Ana içeriğe atla

Zina ve Fuhuş İsnadı *

Zina ve fuhuş isnadına geçmeden önce halvet konusunu kısaca açıklamak istiyorum. Sözlükte “Bir yerin boş olması, o yerde hiç kimsenin, hiçbir şeyin bulunmaması; yalnız kalma veya biriyle baş başa kalma” anlamlarına gelen halvet kelimesi dinî literatürde, aralarında nikâh bağı ve devamlı evlenme engeli bulunmayan bir erkekle -bir- kadının baş başa kalmasını, fıkıh terimi olarak sahih bir nikâhtan sonra karı kocanın, üçüncü bir kişinin izinsiz muttali (bir durum üzerine bilgi edinmek) olamayacağından emin bulundukları bir yerde cinsî birleşme olmaksızın baş başa kalmalarını ifade eder. (TDV An. Halvet, Orhan Çeker) Kısaca, evliliğinde sakınca olmayan iki karşıt cinsin, başkasının giremeyeceği bir yerde baş başa kalması demektir. “İzinsiz girilemeyen ev, oda, kapıları kapalı bahçe, çadır gibi yerler halvete mahal teşkil edebilir. Ancak mescitler, kapıları kapalı olmayan yerler, başkalarının geçebileceği açık alanlar, yollar, etrafı açık damlar halvete mahal olamaz. (TDV An. Halvet, Orhan Çeker)  İslam dini, “Zinaya yaklaşmayın…” ayeti gereğince zinaya giden yolları da yasaklar. Çünkü halvet de zina ortamını sağlayan ve zinaya giden yollardan biridir.

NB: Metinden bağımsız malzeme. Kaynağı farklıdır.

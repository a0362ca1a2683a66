-- ===== src/IssuerApp/Files.antt =====
-- The page of issuer-front-end/src/CreateSchemaAndMetadataFiles.tsx: its forms, the files that it
-- saves, and the dialog for errors. `handleSubmit` of react-hook-form runs a handler only on data
-- that its validation accepts, so the data of an event are accepted ones. A handler runs with the
-- state of the last render.
pub mod Session
use Prim.Native.String.{◌++◌ as str_append}
use concordium_web3id.Common.{
  String, Bool, true, false, Option, none, some, List, [], ◌∷◌, ◌++◌, Result, ok, err, is_blank,
  if◌then◌else◌,
}
use concordium_web3id.IssuerApp.Schema.{Page, Entries, empty_page, add_attribute, clear_attributes}

pub record CredentialMetadata : Type 0 where
  pub title : String
  pub logo_url : String
  pub background_color : String
  pub image_url : Option String

pub record IssuerMetadata : Type 0 where
  pub name : String
  pub description : String
  pub url : String
  pub icon_url : String

-- `EXAMPLE_CREDENTIAL_METADATA_OBJECT` and `EXAMPLE_ISSUER_METADATA_OBJECT`
abbrev pub example_credential_metadata : CredentialMetadata
example_credential_metadata = record {
  title = "Example Title";
  logo_url = "https://avatars.githubusercontent.com/u/39614219?s=200&v=4";
  background_color = "#92a8d1";
  image_url = none;
}

abbrev pub example_issuer_metadata : IssuerMetadata
example_issuer_metadata = record {
  name = "Concordium";
  description = "A public-layer 1, science-backed blockchain";
  url = "https://concordium.com";
  icon_url = "https://concordium.com/wp-content/uploads/2022/07/Concordium-1.png";
}

-- The part of a credential's schema that its form asks for.
pub record SchemaHead : Type 0 where
  pub name : String
  pub description : String
  pub id : String

abbrev pub example_schema_head : SchemaHead
example_schema_head = record {
  name = "Education certificate";
  description = "Simple representation of an education certificate.";
  id = "https://example-university.com/certificates/JsonSchema2023-education-certificate.json";
}

-- A file that `saveAs` has saved.
pub data File : Type 0 where
  credential_schema : (head : SchemaHead) (properties : Entries) (required : List String) → File
  credential_metadata : CredentialMetadata → File
  issuer_metadata : IssuerMetadata → File

-- The component's state, the saved files, and in `schema` the attributes with the object
-- `EXAMPLE_CREDENTIAL_SCHEMA_OBJECT`, which the component takes as its schema and changes in place.
pub record Files : Type 0 where
  pub head : SchemaHead
  pub schema : Page
  pub metadata : CredentialMetadata
  pub issuer : IssuerMetadata
  pub show_schema : Bool
  pub show_metadata : Bool
  pub show_issuer : Bool
  pub show : Bool
  pub error : Option String
  pub saved : List File

abbrev pub initial : Files
initial = record {
  head = example_schema_head;
  schema = empty_page;
  metadata = example_credential_metadata;
  issuer = example_issuer_metadata;
  show_schema = false;
  show_metadata = false;
  show_issuer = false;
  show = false;
  error = none;
  saved = [];
}

-- The button "Add attribute" with its `catch`.
unfoldable pub attribute_added : Result String Page → Files → Files
attribute_added (ok schema) f = record f { schema = schema }
attribute_added (err title) f = record f {
  error = some (str_append "Duplicate attribute title: \"" (str_append title "\""));
  show = true;
}

unfoldable pub submit_attribute :
    (title description : String) (is_required : Bool) (type : String) → Files → Files
unfolding attribute_added
submit_attribute title description is_required type f =
    attribute_added (add_attribute title description is_required type f.schema) f

-- "Create credential schema", and "Download credential schema" where `saving`: the form's data are
-- not looked at.
unfoldable pub submit_schema : (saving : Bool) → SchemaHead → Files → Files
submit_schema false entered f = record f { show_schema = true }
submit_schema true entered f = record f {
  show_schema = true;
  saved = f.saved ++ credential_schema f.head f.schema.properties f.schema.required ∷ [];
}

-- `if (!data.image?.url) data.image = undefined`
abbrev pub without_blank : Option String → Option String
without_blank none = none
without_blank (some url) = if is_blank url then none else some url

unfoldable pub cleaned : CredentialMetadata → CredentialMetadata
cleaned m = record m { image_url = without_blank m.image_url }

-- The buttons for the metadata of a credential and of the issuer: the file is written from the
-- state, which the update that stands before it changes only for the next render.
unfoldable pub submit_metadata : (saving : Bool) → CredentialMetadata → Files → Files
unfolding cleaned
submit_metadata false m f = record f { metadata = cleaned m; show_metadata = true }
submit_metadata true m f = record f {
  metadata = cleaned m;
  show_metadata = true;
  saved = f.saved ++ credential_metadata f.metadata ∷ [];
}

unfoldable pub submit_issuer : (saving : Bool) → IssuerMetadata → Files → Files
submit_issuer false m f = record f { issuer = m; show_issuer = true }
submit_issuer true m f = record f {
  issuer = m;
  show_issuer = true;
  saved = f.saved ++ issuer_metadata f.issuer ∷ [];
}

-- `handleClose`
unfoldable pub handle_close : Files → Files
handle_close f = record f { show = false }

-- Leaving the page and coming back: a new component over the same schema object.
unfoldable pub reopen : Files → Files
unfolding clear_attributes
reopen f = record initial { schema = clear_attributes f.schema; saved = f.saved }

pub data Event : Type 0 where
  attribute_submitted : (title description : String) (is_required : Bool) (type : String) → Event
  attributes_cleared : Event
  schema_submitted : (saving : Bool) → SchemaHead → Event
  metadata_submitted : (saving : Bool) → CredentialMetadata → Event
  issuer_submitted : (saving : Bool) → IssuerMetadata → Event
  closed : Event
  reopened : Event

unfoldable pub react : Event → Files → Files
unfolding submit_attribute clear_attributes submit_schema submit_metadata submit_issuer handle_close
    reopen
react (attribute_submitted title description is_required type) f =
    submit_attribute title description is_required type f
react attributes_cleared f = record f { schema = clear_attributes f.schema }
react (schema_submitted saving entered) f = submit_schema saving entered f
react (metadata_submitted saving m) f = submit_metadata saving m f
react (issuer_submitted saving m) f = submit_issuer saving m f
react closed f = handle_close f
react reopened f = reopen f

abbrev pub react_all : List Event → Files → Files
react_all [] f = f
react_all (v ∷ vs) f = react_all vs (react v f)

Adına ister zina ister fuhuş diyelim, her iki eylemin ortak yönü, bu eylemin üçüncü şahısların giremeyeceği ve göremeyeceği kapalı kapılar ardında yapılmış olmasıdır. Yani bir gizlilik ve insanlardan kaçınma durumu söz konusudur. Fuhuş veya zina; gözlerden ırak, gizli, kapaklı yerlerde yapıldığına göre o kimselerin zina yaptığına nasıl hükmedilir? Ki halvet durumu gerçekleşmiş olduğunda bazı sonuçlar ortaya çıksa da bu ayrıntıya girmek bizi konumuzdan uzaklaştırır. Sadece şu kadarını söyleyeyim şartları gerçekleşmiş bir halvet durumunda, taraflara zina yaptı isnadıyla had cezası uygulanmaz. Çünkü zina için bazı şartlar gerekiyor. Nedir bu şartlar?

-Zina yapan tarafların “Biz zina yaptık” itirafında bulunmaları.

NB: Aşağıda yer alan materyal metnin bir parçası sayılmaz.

-- ===== src/IssuerApp/Files/Session.antt =====
-- The files that issuer-front-end/src/CreateSchemaAndMetadataFiles.tsx saves over whole sessions.
use concordium_web3id.Common.{
  ◌∙◌, ◌≡◌, ◌≢◌, String, Bool, true, false, some, List, [], ◌∷◌, ◌++◌, refl, arith, Result, ok, err,
  All, All-append, is_some, get_last?, get_last?-append_one,
}
use concordium_web3id.IssuerApp.Schema.{Page, remove_spaces, add_attribute}
use concordium_web3id.IssuerApp.Schema.Invariant.{
  lookup, HasSingleKeys, IsWellFormed, empty_page-IsWellFormed, add_attribute-IsWellFormed,
}
use concordium_web3id.IssuerApp.Files.{
  CredentialMetadata, SchemaHead, example_schema_head, File, credential_schema, credential_metadata,
  issuer_metadata, Files, initial, attribute_added, submit_attribute, submit_schema, cleaned,
  submit_metadata, submit_issuer, handle_close, Event, attribute_submitted, attributes_cleared,
  schema_submitted, metadata_submitted, issuer_submitted, closed, reopened, react, react_all,
}

react_all-append :
    (us vs : List Event) (f : Files) → react_all (us ++ vs) f ≡ react_all vs (react_all us f)
react_all-append [] vs f = refl
react_all-append (u ∷ us) vs f = react_all-append us vs (react u f)

-- Neither the credential's metadata are submitted nor the page is left.
abbrev pub KeepsMetadata : Event → Type 0
KeepsMetadata (metadata_submitted saving m) = ⊥
KeepsMetadata reopened = ⊥
KeepsMetadata _ = Unit

attribute_added-metadata :
    (r : Result String Page) (f : Files) → (attribute_added r f).metadata ≡ f.metadata
unfolding attribute_added
attribute_added-metadata (ok p) f = refl
attribute_added-metadata (err t) f = refl

react-metadata : (v : Event) (f : Files) → KeepsMetadata v → (react v f).metadata ≡ f.metadata
unfolding react submit_attribute submit_schema submit_issuer handle_close
react-metadata (attribute_submitted t d r y) f h = attribute_added-metadata _ f
react-metadata attributes_cleared f h = refl
react-metadata (schema_submitted saving s) f h = ground arith
react-metadata (metadata_submitted saving m) f h = absurd h
react-metadata (issuer_submitted saving m) f h = ground arith
react-metadata closed f h = refl
react-metadata reopened f h = absurd h

react_all-metadata :
    (vs : List Event) (f : Files) → All KeepsMetadata vs → (react_all vs f).metadata ≡ f.metadata
react_all-metadata [] f h = refl
react_all-metadata (v ∷ vs) f h = react_all-metadata vs (react v f) h.1 ∙ react-metadata v f h.0

submit_metadata-metadata :
    (saving : Bool) (m : CredentialMetadata) (f : Files)
    → (submit_metadata saving m f).metadata ≡ cleaned m
unfolding submit_metadata
submit_metadata-metadata false m f = refl
submit_metadata-metadata true m f = refl

-- In every session, the file that "Download credential metadata" saves has what was submitted last
-- before, with the "Create" or the "Download" button of that form, whatever the form now has; between
-- the two neither is that form submitted nor the page left.
pub download_saves_previous :
    (us vs : List Event) (saving : Bool) (before now : CredentialMetadata)
    → All KeepsMetadata vs
    → let f = react_all (us ++ metadata_submitted saving before ∷ vs) initial in
      get_last? (react (metadata_submitted true now) f).saved
      ≡ some (credential_metadata (cleaned before))
unfolding react submit_metadata
download_saves_previous us vs saving before now h =
    let f = react_all us initial in
    let g = react (metadata_submitted saving before) f in
    let kept : (react_all vs g).metadata ≡ cleaned before =
      react_all-metadata vs g h ∙ submit_metadata-metadata saving before f in
    rw (react_all-append us (metadata_submitted saving before ∷ vs) initial) (
      rw
        (get_last?-append_one (react_all vs g).saved
          (credential_metadata (react_all vs g).metadata))
        (rw kept refl))

-- A saved schema has no key twice, it requires only keys of its properties, and its head is the
-- example's; of the other files nothing is asked.
abbrev pub IsSound : File → Type 0
IsSound (credential_schema head properties required) =
    HasSingleKeys properties
    × All (λ r. is_some (lookup r properties) ≡ true) required
    × (head ≡ example_schema_head)
IsSound (credential_metadata m) = Unit
IsSound (issuer_metadata m) = Unit

-- The attributes are not cleared, neither by the button nor by leaving the page, and none has the key
-- `__proto__`, which an assignment does not make a key of an object.
abbrev pub KeepsAttributes : Event → Type 0
KeepsAttributes (attribute_submitted title description is_required type) =
    remove_spaces title ≢ "__proto__"
KeepsAttributes attributes_cleared = ⊥
KeepsAttributes reopened = ⊥
KeepsAttributes _ = Unit

record IsValid (f : Files) : Type 0 where
  pub schema : IsWellFormed f.schema
  pub head : f.head ≡ example_schema_head
  pub saved : All IsSound f.saved

attribute_added-IsValid :
    (r : Result String Page) (f : Files)
    → IsValid f
    → ((q : Page) → r ≡ ok q → IsWellFormed q)
    → IsValid (attribute_added r f)
unfolding attribute_added
attribute_added-IsValid (ok q) f h w = record { schema = w q refl; head = h.head; saved = h.saved }
attribute_added-IsValid (err title) f h w = record {
  schema = h.schema;
  head = h.head;
  saved = h.saved;
}

submit_schema-IsValid :
    (saving : Bool) (entered : SchemaHead) (f : Files)
    → IsValid f
    → IsValid (submit_schema saving entered f)
unfolding submit_schema
submit_schema-IsValid false entered f h = record {
  schema = h.schema;
  head = h.head;
  saved = h.saved;
}
submit_schema-IsValid true entered f h = record {
  schema = h.schema;
  head = h.head;
  saved =
      All-append IsSound f.saved _ h.saved
        ((rw h.schema.same h.schema.single, rw h.schema.same h.schema.known, h.head), tt);
}

-- A file without a schema is saved, or none.
append_one-IsValid :
    (f g : Files) (file : File)
    → IsValid f
    → IsSound file
    → g.schema ≡ f.schema
    → g.head ≡ f.head
    → g.saved ≡ f.saved ++ file ∷ []
    → IsValid g
append_one-IsValid f g file h sound schema head saved = record {
  schema = rw schema h.schema;
  head = head ∙ h.head;
  saved = rw saved (All-append IsSound f.saved (file ∷ []) h.saved (sound, tt));
}

react-IsValid : (v : Event) (f : Files) → KeepsAttributes v → IsValid f → IsValid (react v f)
unfolding react submit_attribute submit_metadata submit_issuer handle_close
react-IsValid (attribute_submitted t d r y) f k h =
    attribute_added-IsValid (add_attribute t d r y f.schema) f h
      (λ q e. add_attribute-IsWellFormed t d r y f.schema h.schema e)
react-IsValid attributes_cleared f k h = absurd k
react-IsValid (schema_submitted saving s) f k h = submit_schema-IsValid saving s f h
react-IsValid (metadata_submitted false m) f k h = record {
  schema = h.schema;
  head = h.head;
  saved = h.saved;
}
react-IsValid (metadata_submitted true m) f k h =
    append_one-IsValid f _ (credential_metadata f.metadata) h tt refl refl refl
react-IsValid (issuer_submitted false m) f k h = record {
  schema = h.schema;
  head = h.head;
  saved = h.saved;
}
react-IsValid (issuer_submitted true m) f k h =
    append_one-IsValid f _ (issuer_metadata f.issuer) h tt refl refl refl
react-IsValid closed f k h = record { schema = h.schema; head = h.head; saved = h.saved }
react-IsValid reopened f k h = absurd k

react_all-IsValid :
    (vs : List Event) (f : Files) → All KeepsAttributes vs → IsValid f → IsValid (react_all vs f)
react_all-IsValid [] f k h = h
react_all-IsValid (v ∷ vs) f k h = react_all-IsValid vs (react v f) k.1 (react-IsValid v f k.0 h)

-- In every session that does not clear the attributes, stays on the page and submits no attribute
-- whose title without spaces is `__proto__`, the attributes and the
-- schema agree and every schema that was saved has no key twice and requires only keys that it has;
-- its name, description and id are the example's, whatever was entered for them.
pub saved_schemas-IsSound :
    (vs : List Event)
    → All KeepsAttributes vs
    → let f = react_all vs initial in IsWellFormed f.schema × All IsSound f.saved
saved_schemas-IsSound vs k =
    let h =
      react_all-IsValid vs initial k
        (record { schema = empty_page-IsWellFormed; head = refl; saved = tt }) in
    (h.schema, h.saved)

-Karısının zina ettiğini iddia eden erkeğin, hakim huzurunda eşiyle birlikte lanetleşmesi. Buna liân denir. (Liân işlemine hâkim huzurunda önce koca başlar ve dört defa, “Allah’ı şahit tutarım ki ben zina isnadında doğru söylüyorum” der ve beşinci olarak da, “Eğer zina isnadında yalancı isem Allah’ın lâneti benim üzerime olsun” sözüyle yeminini tamamlar. Ardından kadın dört defa, “Allah’ı şahit tutarım ki kocam bana zina isnadında yalan söylemektedir” der ve beşinci olarak da, “Eğer doğru söylüyorsa Allah’ın gazabı benim üzerime olsun” sözüyle liânı tamamlar… Liân işleminin tamamlanmasından sonra Ebû Hanîfe’ye göre hâkim eşleri birbirinden ayırır…” (TDV Ans. Liân)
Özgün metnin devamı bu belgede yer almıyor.